A Gazeta do Povo começou a acompanhar Souffrant em setembro do ano passado, pouco depois de ele ter passado por um caso traumático: o rapaz foi vítima de uma série de injúrias raciais e de agressões no ambiente de trabalho. Antes disso, uma empresa havia dado um calote no haitiano (na segunda-feira, a Gazeta do Povo trará novos detalhes sobre essa parte da trajetória de Souffrant).

Ao longo do último ano, Souffrant morou em dois lugares. Até fevereiro deste ano, dividiu uma quitinete, localizada no 4.º andar de uma espécie de cortiço escuro e apertado, no Tatuquara, região Sul de Curitiba. “Eu não gostava de lá. Tinha muita bagunça, uso de drogas e fedia”, disse. Em seguida, o rapaz se mudou para um anexo no subsolo de uma casa no mesmo bairro. Quase não há mobília e os poucos eletrodomésticos usados foram doados.

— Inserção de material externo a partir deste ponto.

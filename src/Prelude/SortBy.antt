-- ===== src/Prelude/SortBy.antt =====
-- Sorting by a test that says which of two items comes first. Items that neither puts first keep their order.
use mathlib.Core.List.{Perm}
use mathlib.Core.List.Perm
use distributed_caching_syst.Prelude.Tests.{if◌then◌else◌, Bool-cases}
use Prim.Native.Nat.{suc}
use distributed_caching_syst.Prelude.Lists.{length, All}
use mathlib.Core.Path.{◌≡◌, refl}
use mathlib.Core.Logic.{inl, inr}
use mathlib.Core.Bool.{Bool, true, false}
use mathlib.Core.List.{List, [], ◌∷◌}
use native.Mathlib.Omega.{arith}

module _ {ℓ} {A : Type ℓ} (before : A → A → Bool) where
  unfoldable pub insert_by : A → List A → List A
  insert_by x [] = x ∷ []
  insert_by x (y ∷ ys) = if before y x then y ∷ insert_by x ys else x ∷ y ∷ ys

  unfoldable pub sort_by : List A → List A
  sort_by [] = []
  sort_by (x ∷ xs) = insert_by x (sort_by xs)

  insert_by-perm : (x : A) (xs : List A) → Perm (insert_by x xs) (x ∷ xs)
  unfolding insert_by
  insert_by-perm x [] = Perm.rfl
  insert_by-perm x (y ∷ ys) = elim (Bool-cases (before y x)) [
    | inl later ↦ rw later (Perm.trans (Perm.cons y (insert_by-perm x ys)) (Perm.swap x y ys))
    | inr first ↦ rw first Perm.rfl
  ]

  -- Sorting keeps the items.
  pub sort_by-perm : (xs : List A) → Perm (sort_by xs) xs
  unfolding sort_by
  sort_by-perm [] = Perm.rfl
  sort_by-perm (x ∷ xs) = Perm.trans (insert_by-perm x (sort_by xs)) (Perm.cons x (sort_by-perm xs))

  insert_by-All {κ} :
      (P : A → Type κ) (x : A) (xs : List A) → P x → All P xs → All P (insert_by x xs)
  unfolding insert_by
  insert_by-All P x [] h hs = (h, tt)
  insert_by-All P x (y ∷ ys) h hs = elim (Bool-cases (before y x)) [
    | inl later ↦ rw later (hs.0, insert_by-All P x ys h hs.1)
    | inr first ↦ rw first (h, hs)
  ]

  pub sort_by-All {κ} : (P : A → Type κ) (xs : List A) → All P xs → All P (sort_by xs)
  unfolding sort_by
  sort_by-All P [] h = tt
  sort_by-All P (x ∷ xs) h = insert_by-All P x (sort_by xs) h.0 (sort_by-All P xs h.1)

  insert_by-length : (x : A) (xs : List A) → length (insert_by x xs) ≡ suc (length xs)
  unfolding insert_by
  insert_by-length x [] = refl
  insert_by-length x (y ∷ ys) = ground (arith, insert_by-length x ys)

  pub sort_by-length : (xs : List A) → length (sort_by xs) ≡ length xs
  unfolding sort_by
  sort_by-length [] = refl
  sort_by-length (x ∷ xs) = omega (arith, insert_by-length x (sort_by xs), sort_by-length xs)

  -- No item comes before the one that it follows.
  abbrev pub InOrder : List A → Type 0
  InOrder [] = Unit
  InOrder (x ∷ []) = Unit
  InOrder (x ∷ y ∷ ys) = (before y x ≡ false) × InOrder (y ∷ ys)

  module _ (asym : (x y : A) → before x y ≡ true → before y x ≡ false) where
    insert_by-InOrder : (x : A) (xs : List A) → InOrder xs → InOrder (insert_by x xs)
    unfolding insert_by
    insert_by-InOrder x [] h = tt
    insert_by-InOrder x (y ∷ []) h = elim (Bool-cases (before y x)) [
      | inl later ↦ rw later (asym y x later, tt)
      | inr first ↦ rw first (first, tt)
    ]
    insert_by-InOrder x (y ∷ z ∷ ys) h = elim (Bool-cases (before y x)) [
      | inr first ↦ rw first (first, h)
      | inl later ↦ elim (Bool-cases (before z x)) [
        | inl after ↦
            rw later
              (let rest = insert_by-InOrder x (z ∷ ys) h.1 in rw after (h.0, rw after at rest))
        | inr here ↦ rw later (rw here (asym y x later, (here, h.1)))
      ]
    ]

    -- Sorting puts the items in order.
    pub sort_by-InOrder : (xs : List A) → InOrder (sort_by xs)
    unfolding sort_by
    sort_by-InOrder [] = tt
    sort_by-InOrder (x ∷ xs) = insert_by-InOrder x (sort_by xs) (sort_by-InOrder xs)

Mesmo diante das dificuldades, Souffrant é, na maior parte das vezes, um jovem risonho e bem humorado. No Ceasa, é reconhecido pelos funcionários e colegas a cada entrega de legumes, verduras e frutas que entrega para os caminhões dos supermercados que chegam ao local. “Lá vem o calulo [jiló, na língua creóle]”, gritam os colegas. Muitos dos haitianos que passam pelo Ceasa acabam ensinando uma palavra ou outra para os brasileiros. Conhecido também como Corintiano, time que adotou no Brasil para torcer, ele se entrosou completamente ao ambiente do trabalho atual.

“Fechar as portas”

A escassez de vagas no mercado de trabalho já faz com que haitianos que estão no Brasil defendam medidas mais restritivas, como fechar as portas do país para os novos haitianos. “O Brasil precisava fechar as portas, porque tem muito haitiano e pouco trabalho. Devia ser assim: quem já está aqui, fica. Quem não está, não entra mais”, disse Jean Claude Avreius, de 31 anos, que estava no Brasil havia nove meses quando falou à reportagem e nunca havia conseguido emprego no Brasil. Com sorte, naquele mesmo dia, foi contratado por uma madeireira, mas não mudou de opinião.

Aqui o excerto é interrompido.